À Chamonix, Samoens ou Megève, il y a des endroits aménagés où l'on peut se promener après avoir skié. Quant aux piscines, spas, saunas ou salles de gym, ce sont des équipements quasi inévitables pour les promoteurs”, relève Thierry Lejeune. Les professionnels s'accordent sur ce point, la journée de ski non-stop est encore pratiquée par quelques adeptes de la glisse, mais ils se font un peu plus rares, et cherchent de toute façon à se détendre à la fin de leur journée.


Les résidences MGM, très présentes à la montagne, intègrent ainsi systématiquement à leurs résidences des centres spa de soin et beauté, qui attirent une clientèle à 40 % masculine. Pierre et Vacances, ou Lagrange, soignent aussi les moments de détente après-ski.


Quant au choix de la station, il se fait bien sûr en fonction d'un coup de coeur et de ses envies - ski de fond en haute altitude, détente dans de plus petites stations-. “La tendance actuelle est à la nature, au dépaysement, au cocooning, à la piscine-spa et aux bâtiments en bois, note Pascale Jallet.

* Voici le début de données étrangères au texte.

-- ===== src/Rtd/Recent.antt =====
-- The caches keep the entries that were updated last: an update is the move to the front of a list
-- of all entries, of which the first ones up to the limit are kept.
use mathlib.Core.Path.{subst}
use linuxax.Prelude.{
  ℕ, suc, ◌≤◌, ◌≡◌, ◌≢◌, inl, inr, refl, sym, ap, ◌∙◌, Bool, true, false, not, ◌⊎◌, ◌&&◌, List, [],
  ◌∷◌, some, length, take, All, arith, ◌==◌, ==_iff, Bool-cases, Option-cases, some_inj, same,
  same_iff, bit_and, bit_xor, if◌then◌else◌, take-all,
}
use linuxax.Rtd.{
  IpEntry, Ax25Entry, Config, Cache, unlink, make_room, update_ip_route, update_ax25_route,
  same_path,
}
use linuxax.Rtd.Entries.{
  Unlinked, unlink-Unlinked, unlink-none, All-map, All-middle, without, without-none,
  without-middle, make_room-take,
}
use linuxax.Rtd.Held.{Held, Unlinked-Distinct, Unlinked-length}
use linuxax.Rtd.Valid.{IsValid, ip_key, call_key}

module _ {ℓ κ} {A : Type ℓ} {K : Type κ} (key : A → K) (max cnt : ℕ) (es : List A)
    (h : Held key (suc max) cnt es) (test : A → Bool) where
  -- A test that only entries with one key meet leaves nothing else out.
  moved_front :
      (e e' : A) (rest : List A)
      → ((x y : A) → test x ≡ true → test y ≡ true → key x ≡ key y)
      → Unlinked test es e rest
      → e' ∷ rest ≡ take (suc max) (e' ∷ without test es)
  moved_front e e' rest one_key u =
      let miss : All (λ x. test x ≡ false) rest =
        All-map _ _ rest (λ x ne. other x ne (Bool-cases (test x)))
          (Unlinked-Distinct key (suc max) cnt es h u).0 in
      let out : without test es ≡ rest =
        ap (without test) u.whole
        ∙ without-middle test u.before e u.after u.hit
        ∙ ap (without test) (sym u.left)
        ∙ without-none test rest miss in
      let fits : length rest ≤ max =
        omega (arith, h.bounded, Unlinked-length key (suc max) cnt es h u) in
      rw (out, take-all max rest fits)
    where
      other : (x : A) → key e ≢ key x → (test x ≡ true) ⊎ (test x ≡ false) → test x ≡ false
      other x ne (inl hit) = absurd (ne (one_key e x u.hit hit))
      other x ne (inr miss) = miss

  added_front :
      (e : A) (cnt' : ℕ) (rest : List A)
      → All (λ x. test x ≡ false) es
      → make_room (suc max) cnt es ≡ some (cnt', rest)
      → e ∷ rest ≡ take (suc max) (e ∷ without test es)
  added_front e cnt' rest miss made =
      let kept : (length (take max es), take max es) ≡ (cnt', rest) =
        some_inj (sym (make_room-take max es h.bounded) ∙ (rw (h.counted) at made)) in
      rw (without-none test es miss) (ap (λ t. e ∷ t) (sym (ap (λ t. t.1) kept)))

  has_room : (cnt' : ℕ) × (rest : List A) × (make_room (suc max) cnt es ≡ some (cnt', rest))
  has_room = (length (take max es), take max es, rw (h.counted) (make_room-take max es h.bounded))

-- The entry holds what the update gave.
pub record IsUpdated (cfg : Config) (ip ipmode : ℕ) (call : List ℕ) (timestamp : ℕ) (e : IpEntry)
    : Type 0 where
  pub to_ip : e.ip ≡ ip
  pub by_iface : e.iface ≡ cfg.dev
  pub by_call : e.call ≡ call
  pub in_mode : e.ipmode ≡ ipmode
  pub at_time : e.timestamp ≡ timestamp

-- A permanent entry, of time 0, is given up for another permanent one only.
abbrev pub is_kept : (old new : ℕ) → Bool
is_kept old new = (old == 0) && not (new == 0)

abbrev pub for_ip : ℕ → IpEntry → Bool
for_ip ip e = e.ip == ip

abbrev pub for_call : List ℕ → Ax25Entry → Bool
for_call call e = same call e.call

All-hit {ℓ} :
    {A : Type ℓ} (P : A → Type 0) (test : A → Bool) (es : List A) (e : A) (rest : List A)
    → Unlinked test es e rest
    → All P es
    → P e
All-hit P test es e rest u all = (All-middle P u.before e u.after (subst (All P) u.whole all)).0

-- In a valid cache with room for an entry: an update for an address of the channel's network, whose
-- entry, if there is one, is not kept against it, leaves the entries as a cache that forgets the
-- least recently updated: the updated entry first, then the others in their order, as many as the
-- limit allows.
pub update_ip_route-recent :
    (cfg : Config) (ip ipmode : ℕ) (call : List ℕ) (timestamp : ℕ) (c : Cache) (max : ℕ)
    → IsValid c
    → c.ip_maxroutes ≡ suc max
    → bit_and (bit_xor ip cfg.ip) cfg.netmask ≡ 0
    → All (λ (e : IpEntry). for_ip ip e ≡ true → is_kept e.timestamp timestamp ≡ false) c.ip_routes
    → (e : IpEntry) × IsUpdated cfg ip ipmode call timestamp e
      × ((update_ip_route cfg ip ipmode call timestamp c).1.ip_routes
          ≡ take (suc max) (e ∷ without (for_ip ip) c.ip_routes))
unfolding update_ip_route
update_ip_route-recent cfg ip ipmode call timestamp c max v limit net free =
    let held : Held ip_key (suc max) c.ip_routes_cnt c.ip_routes =
      subst (λ m. Held ip_key m c.ip_routes_cnt c.ip_routes) limit v.ip_held in
    let on : (bit_and (bit_xor ip cfg.ip) cfg.netmask == 0) ≡ true = (==_iff _ _).1 net in
    elim (Option-cases (unlink (for_ip ip) c.ip_routes)) [
      | inr ((bp, rest), go) ↦
          let u = unlink-Unlinked (for_ip ip) c.ip_routes bp rest go in
          let given_up = All-hit _ (for_ip ip) c.ip_routes bp rest u free u.hit in
          (
            record bp { iface = cfg.dev; call = call; ipmode = ipmode; timestamp = timestamp },
            record {
              to_ip = (==_iff _ _).0 u.hit;
              by_iface = refl;
              by_call = refl;
              in_mode = refl;
              at_time = refl;
            },
            rw (on, go, given_up)
                (moved_front ip_key max _ c.ip_routes held (for_ip ip) bp _ rest
                  (λ x y p q. (==_iff _ _).0 p ∙ sym ((==_iff _ _).0 q)) u),
          )
      | inl stop ↦
          let (cnt, rest, made) = has_room ip_key max _ c.ip_routes held (for_ip ip) in
          let made' : make_room c.ip_maxroutes c.ip_routes_cnt c.ip_routes ≡ some (cnt, rest) =
            rw limit made in
          (
            record {
              ip = ip;
              iface = cfg.dev;
              call = call;
              ipmode = ipmode;
              timestamp = timestamp;
              invalid = false;
            },
            record {
              to_ip = refl;
              by_iface = refl;
              by_call = refl;
              in_mode = refl;
              at_time = refl;
            },
            rw (on, stop, made')
                (added_front ip_key max _ c.ip_routes held (for_ip ip) _ cnt rest
                  (unlink-none (for_ip ip) c.ip_routes stop) made),
          )
    ]

pub same_path_sound : (xs ys : List (List ℕ)) → (same_path xs ys ≡ true) → xs ≡ ys
unfolding same_path
same_path_sound [] [] e = refl
same_path_sound [] (y ∷ ys) e = absurd (cc)
same_path_sound (x ∷ xs) [] e = absurd (cc)
same_path_sound (x ∷ xs) (y ∷ ys) e =
    let both : (same x y ≡ true) × (same_path xs ys ≡ true) = ground arith in
    let first = (same_iff x y).0 both.0 in
    ap (λ t. t ∷ xs) first ∙ ap (λ t. y ∷ t) (same_path_sound xs ys both.1)

path_after : (old digi : List (List ℕ)) → (if not (same_path old digi) then digi else old) ≡ digi
path_after old digi = elim (Bool-cases (same_path old digi)) [
  | inl e ↦ rw e (same_path_sound old digi e)
  | inr e ↦ rw e
]

pub record IsRerouted (cfg : Config) (call : List ℕ) (digi : List (List ℕ)) (timestamp : ℕ)
    (e : Ax25Entry) : Type 0 where
  pub to_call : e.call ≡ call
  pub by_iface : e.iface ≡ cfg.dev
  pub by_path : e.digipeater ≡ digi
  pub at_time : e.timestamp ≡ timestamp

-- In a valid cache with room for an entry: an update of a callsign whose entry, if there is one, is
-- not kept against it, leaves the AX.25 entries as a cache that forgets the least recently updated:
-- the updated entry first, then the others in their order, as many as the limit allows.
pub update_ax25_route-recent :
    (cfg : Config) (call : List ℕ) (digi : List (List ℕ)) (timestamp : ℕ) (c : Cache) (max : ℕ)
    → IsValid c
    → c.ax25_maxroutes ≡ suc max
    → All
        (λ (e : Ax25Entry). for_call call e ≡ true → is_kept e.timestamp timestamp ≡ false)
        c.ax25_routes
    → (e : Ax25Entry) × IsRerouted cfg call digi timestamp e
      × ((update_ax25_route cfg call digi timestamp c).1.ax25_routes
          ≡ take (suc max) (e ∷ without (for_call call) c.ax25_routes))
unfolding update_ax25_route
update_ax25_route-recent cfg call digi timestamp c max v limit free =
    let held : Held call_key (suc max) c.ax25_routes_cnt c.ax25_routes =
      subst (λ m. Held call_key m c.ax25_routes_cnt c.ax25_routes) limit v.ax25_held in
    elim (Option-cases (unlink (for_call call) c.ax25_routes)) [
      | inr ((bp, rest), go) ↦
          let u = unlink-Unlinked (for_call call) c.ax25_routes bp rest go in
          let given_up = All-hit _ (for_call call) c.ax25_routes bp rest u free u.hit in
          (
            _,
            record {
              to_call = sym ((same_iff _ _).0 u.hit);
              by_iface = refl;
              by_path = path_after bp.digipeater digi;
              at_time = refl;
            },
            rw (go, given_up, update_ax25_route)
                (moved_front call_key max _ c.ax25_routes held (for_call call) bp _ rest
                  (λ x y p q. sym ((same_iff _ _).0 p) ∙ (same_iff _ _).0 q) u),
          )
      | inl stop ↦
          let (cnt, rest, made) = has_room call_key max _ c.ax25_routes held (for_call call) in
          let made' : make_room c.ax25_maxroutes c.ax25_routes_cnt c.ax25_routes
              ≡ some (cnt, rest) =
            rw limit made in
          (
            _,
            record { to_call = refl; by_iface = refl; by_path = refl; at_time = refl },
            rw (stop, made', update_ax25_route)
                (added_front call_key max _ c.ax25_routes held (for_call call) _ cnt rest
                  (unlink-none (for_call call) c.ax25_routes stop) made),
          )
    ]
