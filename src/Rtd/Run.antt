-- ===== src/Rtd/Run.antt =====
-- The invariant of the two caches over any sequence of calls.
use mathlib.Core.Path.{subst}
use linuxax.Prelude.{
  Bool, ℕ, ◌≡◌, inl, inr, refl, sym, ◌∙◌, List, [], ◌∷◌, ◌++◌, Option, some, arith, Bool-cases,
  Option-cases, some_inj, append_assoc,
}
use linuxax.Ipd.Frame.{◌>>=◌}
use linuxax.Rtd.{
  IpEntry, Ax25Entry, Config, Cache, update_ip_route, update_ax25_route, remove_ip_route,
  remove_ax25_route, del_ip_route, invalidate_ip_route, del_ax25_route, is_expired,
  expire_ax25_from, expire_ax25_route, expire_ip_from, expire_ip_route,
}
use linuxax.Rtd.Valid.{
  IsValid, update_ip_route-IsValid, update_ax25_route-IsValid, remove_ip_route-IsValid,
  remove_ax25_route-IsValid, del_ip_route-IsValid, invalidate_ip_route-IsValid,
  del_ax25_route-IsValid, here,
}

expire_ip_from-IsValid :
    (when now : ℕ) (before left : List IpEntry) (c : Cache)
    → IsValid c
    → c.ip_routes ≡ before ++ left
    → IsValid (expire_ip_from when now before left c)
unfolding expire_ip_from remove_ip_route
expire_ip_from-IsValid when now before [] c v e = v
expire_ip_from-IsValid when now before (bp ∷ left) c v e =
    elim (Bool-cases (is_expired bp.timestamp when now)) [
      | inl over ↦
          rw (over, expire_ip_from)
            (expire_ip_from-IsValid when now before left _
              (remove_ip_route-IsValid bp _ c v (here _ before left bp e)) kept)
      | inr fresh ↦
          rw (fresh, expire_ip_from)
            (expire_ip_from-IsValid when now (before ++ (bp ∷ [])) left c v
              (e ∙ sym (append_assoc before (bp ∷ []) left)))
    ]
  where
    kept : (remove_ip_route bp (before ++ left) c).ip_routes ≡ before ++ left
    kept = refl

expire_ax25_from-IsValid :
    (freed_readable : Bool) (when now : ℕ) (before left : List Ax25Entry) (c c' : Cache)
    → IsValid c
    → c.ax25_routes ≡ before ++ left
    → expire_ax25_from freed_readable when now before left c ≡ some c'
    → IsValid c'
unfolding expire_ax25_from
expire_ax25_from-IsValid fr when now before [] c c' v e go = subst IsValid (some_inj go) v
expire_ax25_from-IsValid fr when now before (bp ∷ left) c c' v e go =
    elim (Bool-cases (is_expired bp.timestamp when now)) [
      | inl over ↦ elim (Option-cases (remove_ax25_route fr bp (before ++ left) c)) [
        | inl freed ↦ absurd (
            let bad = rw (over, expire_ax25_from) at go in
            let worse = rw (freed, ◌>>=◌) at bad in cc)
        | inr (d, removed) ↦
            let (valid, kept) =
              remove_ax25_route-IsValid fr bp _ c d v (here _ before left bp e) removed in
            expire_ax25_from-IsValid fr when now before left d c' valid kept
              (rw (removed, ◌>>=◌) at (rw (over, expire_ax25_from) at go))
      ]
      | inr fresh ↦
          expire_ax25_from-IsValid fr when now (before ++ (bp ∷ [])) left c c' v
            (e ∙ sym (append_assoc before (bp ∷ []) left)) (rw (fresh, expire_ax25_from) at go)
    ]

-- The calls that change the caches.
pub data Op : Type 0 where
  update_ip : Config → (ip ipmode : ℕ) (call : List ℕ) (timestamp : ℕ) → Op
  update_ax25 : Config → (call : List ℕ) (digi : List (List ℕ)) (timestamp : ℕ) → Op
  del_ip invalidate_ip : (ip : ℕ) → Op
  del_ax25 : Config → (call : List ℕ) → Op
  expire_ip expire_ax25 : (when now : ℕ) → Op

unfoldable pub apply : (freed_readable : Bool) → Op → Cache → Option Cache
apply fr (update_ip cfg ip ipmode call timestamp) c =
    some (update_ip_route cfg ip ipmode call timestamp c).1
apply fr (update_ax25 cfg call digi timestamp) c =
    some (update_ax25_route cfg call digi timestamp c).1
apply fr (del_ip ip) c = some (del_ip_route ip c).1
apply fr (invalidate_ip ip) c = some (invalidate_ip_route ip c).1
apply fr (del_ax25 cfg call) c = del_ax25_route fr cfg call c >>= λ (r, c'). some c'
apply fr (expire_ip when now) c = some (expire_ip_route when now c)
apply fr (expire_ax25 when now) c = expire_ax25_route fr when now c

unfoldable pub apply_all : (freed_readable : Bool) → List Op → Cache → Option Cache
apply_all fr [] c = some c
apply_all fr (op ∷ ops) c = apply fr op c >>= apply_all fr ops

apply-IsValid :
    (freed_readable : Bool) (op : Op) (c c' : Cache)
    → IsValid c
    → apply freed_readable op c ≡ some c'
    → IsValid c'
unfolding apply expire_ip_route expire_ax25_route
apply-IsValid fr (update_ip cfg ip ipmode call timestamp) c c' v e =
    subst IsValid (some_inj e) (update_ip_route-IsValid cfg ip ipmode call timestamp c v)
apply-IsValid fr (update_ax25 cfg call digi timestamp) c c' v e =
    subst IsValid (some_inj e) (update_ax25_route-IsValid cfg call digi timestamp c v)
apply-IsValid fr (del_ip ip) c c' v e = subst IsValid (some_inj e) (del_ip_route-IsValid ip c v)
apply-IsValid fr (invalidate_ip ip) c c' v e =
    subst IsValid (some_inj e) (invalidate_ip_route-IsValid ip c v)
apply-IsValid fr (del_ax25 cfg call) c c' v e = elim (Option-cases (del_ax25_route fr cfg call c)) [
  | inl freed ↦ absurd (let bad = rw (freed, ◌>>=◌) at e in cc)
  | inr ((r, d), go) ↦
      subst IsValid (some_inj (rw (go, ◌>>=◌) at e)) (del_ax25_route-IsValid fr cfg call c r d v go)
]
apply-IsValid fr (expire_ip when now) c c' v e =
    subst IsValid (some_inj e) (expire_ip_from-IsValid when now [] c.ip_routes c v refl)
apply-IsValid fr (expire_ax25 when now) c c' v e =
    expire_ax25_from-IsValid fr when now [] c.ax25_routes c c' v refl e

-- The variables as the program starts, with limits that stay as they are.
abbrev pub start : (ip_maxroutes ax25_maxroutes : ℕ) → Cache
start ip_maxroutes ax25_maxroutes = record {
  ip_routes = [];
  ip_routes_cnt = 0;
  ip_maxroutes = ip_maxroutes;
  ax25_routes = [];
  ax25_routes_cnt = 0;
  ax25_maxroutes = ax25_maxroutes;
  kernel = [];
}

pub start-IsValid : (m n : ℕ) → IsValid (start m n)
start-IsValid m n = record {
  ip_held = record { counted = refl; bounded = omega arith; distinct = tt };
  ax25_held = record { counted = refl; bounded = omega arith; distinct = tt };
}

keeps_IsValid :
    (freed_readable : Bool) (ops : List Op) (c c' : Cache)
    → IsValid c
    → apply_all freed_readable ops c ≡ some c'
    → IsValid c'
unfolding apply_all
keeps_IsValid fr [] c c' v e = subst IsValid (some_inj e) v
keeps_IsValid fr (op ∷ ops) c c' v e = elim (Option-cases (apply fr op c)) [
  | inl freed ↦ absurd (let bad = rw (freed, ◌>>=◌) at e in cc)
  | inr (d, go) ↦ keeps_IsValid fr ops d c' (apply-IsValid fr op c d v go) (rw (go, ◌>>=◌) at e)
]

-- After any sequence of calls, from the start on, that reads no freed memory, or reads what stood
-- there before: the two counts are the numbers of entries, neither is over its limit, and no IP
-- address and no callsign has two entries.
pub apply_all-IsValid :
    (freed_readable : Bool) (ip_maxroutes ax25_maxroutes : ℕ) (ops : List Op) (c : Cache)
    → apply_all freed_readable ops (start ip_maxroutes ax25_maxroutes) ≡ some c
    → IsValid c
apply_all-IsValid fr m n ops c e = keeps_IsValid fr ops (start m n) c (start-IsValid m n) e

Mais ce type de produits se trouve plus dans des petites stations, qui abritent une vie de village authentique. Il faut regarder comment elles vivent et comment elles sont reliées aux pistes de ski. Il y a beaucoup de possibilités.


D'autant qu'il n'y a plus beaucoup de foncier dans les grandes stations.” L'avantage de la station de charme, c'est aussi qu'elle peut être attrayante à la saison d'été.


“À Samoens, au fond de la Vallée du Gifre, les prix dans l'ancien ont grimpé de 14 %. La station est autant agréable en hiver qu'en été, ceux qui l'apprécient ne regardent pas l'altitude ou l'enneigement. Les gens ont admis l'idée qu'il y aura des phénomènes d'enneigement différents d'une année sur l'autre”, constate Thierry Lejeune. Comme pour tout investissement, l'emplacement reste le maître-mot. Au pied des pistes pour les investisseurs tout schuss, au sein des stations de charme pour les amateurs de détente et toujours près des transports ou des voies d'accès. Si les locataires décident de se rendre sur place en train ou en avion, il faut s'assurer que l'offre sur place de transports est bien présente et efficace. Les stations labellisées Perles des Alpes par exemple, qui rassemble des stations de charme en France, Allemagne, Suisse, Autriche, Italie et Slovénie, favorisent la mobilité douce, pour permettre aux touriste de venir et repartir sans leur véhicule, tout en profitant de leurs vacances. Un véritable atout.



Bien choisir son exploitant


En résidence de tourisme, reste enfin à bien choisir son exploitant. Un acteur installé depuis longtemps dans le paysage et un parc diversifié sont bien sûr des éléments à prendre en compte (voir encadré trois questions à). Le bail doit lui aussi être étudié avec soin. “Il faut voir si le bail est au nom d'une grosse société de gestion, qui s'implique directement, ou s'il s'agit d'une petite Sarl à 7 500 euros, prévient Gilles Tocchetto.


Attention aussi à l'article 606, qui détermine si les travaux sont à la charge du preneur ou du bailleur, sachant qu'à la montagne, un bien s'use plus rapidement.” Se méfier aussi des rentabilités promises : elles n'excéderont pas 4 % et seront souvent en-dessous, compte tenu des prix élevés de l'immobilier à la montagne. Les prix de vente doivent être soumis, comme pour tout achat, à une enquête préalable sur les prix du marché, pour vérifier qu'ils n'ont pas été gonflés par la carotte fiscale.